Anamnestic responses induced by antigen persisting on follicular dendritic cells from cyclophosphamide-treated mice.

R P Phipps, T E Mandel, C T Schnizlein, J G Tew
PMCID: PMC1454438  PMID: 6607214

Abstract

In contrast to most mouse lymph node cells, follicular dendritic cells (FDCs) resist cyclophosphamide (Cy; 300 mg/kg)-mediated destruction in vivo. In this study we sought to determine if antigen-bearing FDCs from Cy-treated animals maintained biological activity. We were especially interested in whether FDCs from Cy-treated animals could stimulate an antibody response when combined with primed spleen cells and whether the FDCs needed to be intact and viable for stimulation to occur. The effect of Cy treatment on lymph node histology, number of T cells and B cells, and the 'spontaneous antibody response' was determined. Cy treatment resulted in a massive depletion of the lymph node cortex and a loss of follicles and germinal centres. Over 90% of B cells in the lymph node were eliminated. The paracortex was more resistant although nearly 80% of T cells were eliminated. Cy treatment also eliminated the 'spontaneous antibody response' as established by in vitro culture or after adoptive transfer. The addition of primed spleen cells to antigen-bearing FDCs including sonicated non-viable FDCs from Cy-treated animals resulted in an anamnestic antibody response.

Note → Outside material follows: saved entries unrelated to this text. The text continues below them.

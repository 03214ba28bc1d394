-- ===== src/Net/HostPort.antt =====
-- net.SplitHostPort and net.JoinHostPort. An error is `none`.
pub mod RoundTrip
use radius_go.Base.{
  ℕ, ◌≡◌, refl, Bool, true, false, ◌||◌, Option, none, some, List, [], ◌∷◌, ◌++◌, ◌==◌,
  if◌then◌else◌, arith, not, ◌&&◌,
}
use radius_go.Base.Text.{Str, codes}

-- `strings.IndexByte(s, c) >= 0`
unfoldable pub contains : ℕ → Str → Bool
contains c [] = false
contains c (x ∷ s) = (x == c) || contains c s

abbrev pub consed : ℕ → Option (Str × Str) → Option (Str × Str)
consed x none = none
consed x (some (a, b)) = some (x ∷ a, b)

-- What stands before and behind the first byte `c`.
unfoldable pub split_first : ℕ → Str → Option (Str × Str)
split_first c [] = none
split_first c (x ∷ s) =
    let rest = consed x (split_first c s) in if x == c then some ([], s) else rest

-- The same for the last byte `c`.
unfoldable pub split_last : ℕ → Str → Option (Str × Str)
split_last c [] = none
split_last c (x ∷ s) = elim (split_last c s) [
  | some (a, b) ↦ some (x ∷ a, b)
  | none ↦ if x == c then some ([], s) else none
]

-- `[host]:port`, behind the opening bracket: the first `]` stands just before the last colon.
unfoldable pub split_bracketed : Str → Option (Str × Str)
split_bracketed s = elim (split_first b']' s) [
  | none ↦ none
  | some (host, []) ↦ none
  | some (host, c ∷ port) ↦
      if (c == b':')
        && not (contains b':' port)
        && not (contains b'[' s)
        && not (contains b']' port)
      then some (host, port)
      else none
]

unfoldable pub split_plain : Str → Option (Str × Str)
split_plain s = elim (split_last b':' s) [
  | none ↦ none
  | some (host, port) ↦
      if contains b':' host || (contains b'[' s || contains b']' s) then none else some (host, port)
]

unfoldable pub split_host_port : Str → Option (Str × Str)
unfolding split_bracketed split_plain
split_host_port [] = none
split_host_port (c ∷ s) = if c == b'[' then split_bracketed s else split_plain (c ∷ s)

unfoldable pub join_host_port : Str → Str → Str
join_host_port host port =
    if contains b':' host then (b'[' ∷ host) ++ (b']' ∷ b':' ∷ port) else host ++ (b':' ∷ port)

-- `host, _, err := net.SplitHostPort(s); if err != nil { host = s }`
unfoldable pub host_of : Str → Str
host_of s = elim (split_host_port s) [ none ↦ s | some (host, _) ↦ host ]

split_ipv4 : split_host_port (codes "10.0.0.1:3799") ≡ some (codes "10.0.0.1", codes "3799")
unfolding split_host_port split_last contains
split_ipv4 = refl

split_ipv6 : split_host_port (codes "[::1]:3799") ≡ some (codes "::1", codes "3799")
unfolding split_host_port split_first contains
split_ipv6 = refl

split_bare : split_host_port (codes "::1") ≡ none
unfolding split_host_port split_last contains
split_bare = refl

Memory lymphocytes, injected into the hind foot pads of Cy-treated animals, migrated to the follicular area of popliteal lymph nodes and cells from these reconstituted nodes spontaneously responded upon subsequent adoptive transfer. It was concluded that antigen retained on Cy-treated FDCs maintains its immunogenicity and is capable of inducing a 'spontaneous antibody response' or an anamnestic response. Furthermore antigen on FDCs or on fragments of FDCs from one animal can interact with memory cells from another animal to induce a productive antibody response. Lymph nodes enriched for FDCs by Cy treatment should be a good source of FDCs for isolation and further study of the nature of this interaction.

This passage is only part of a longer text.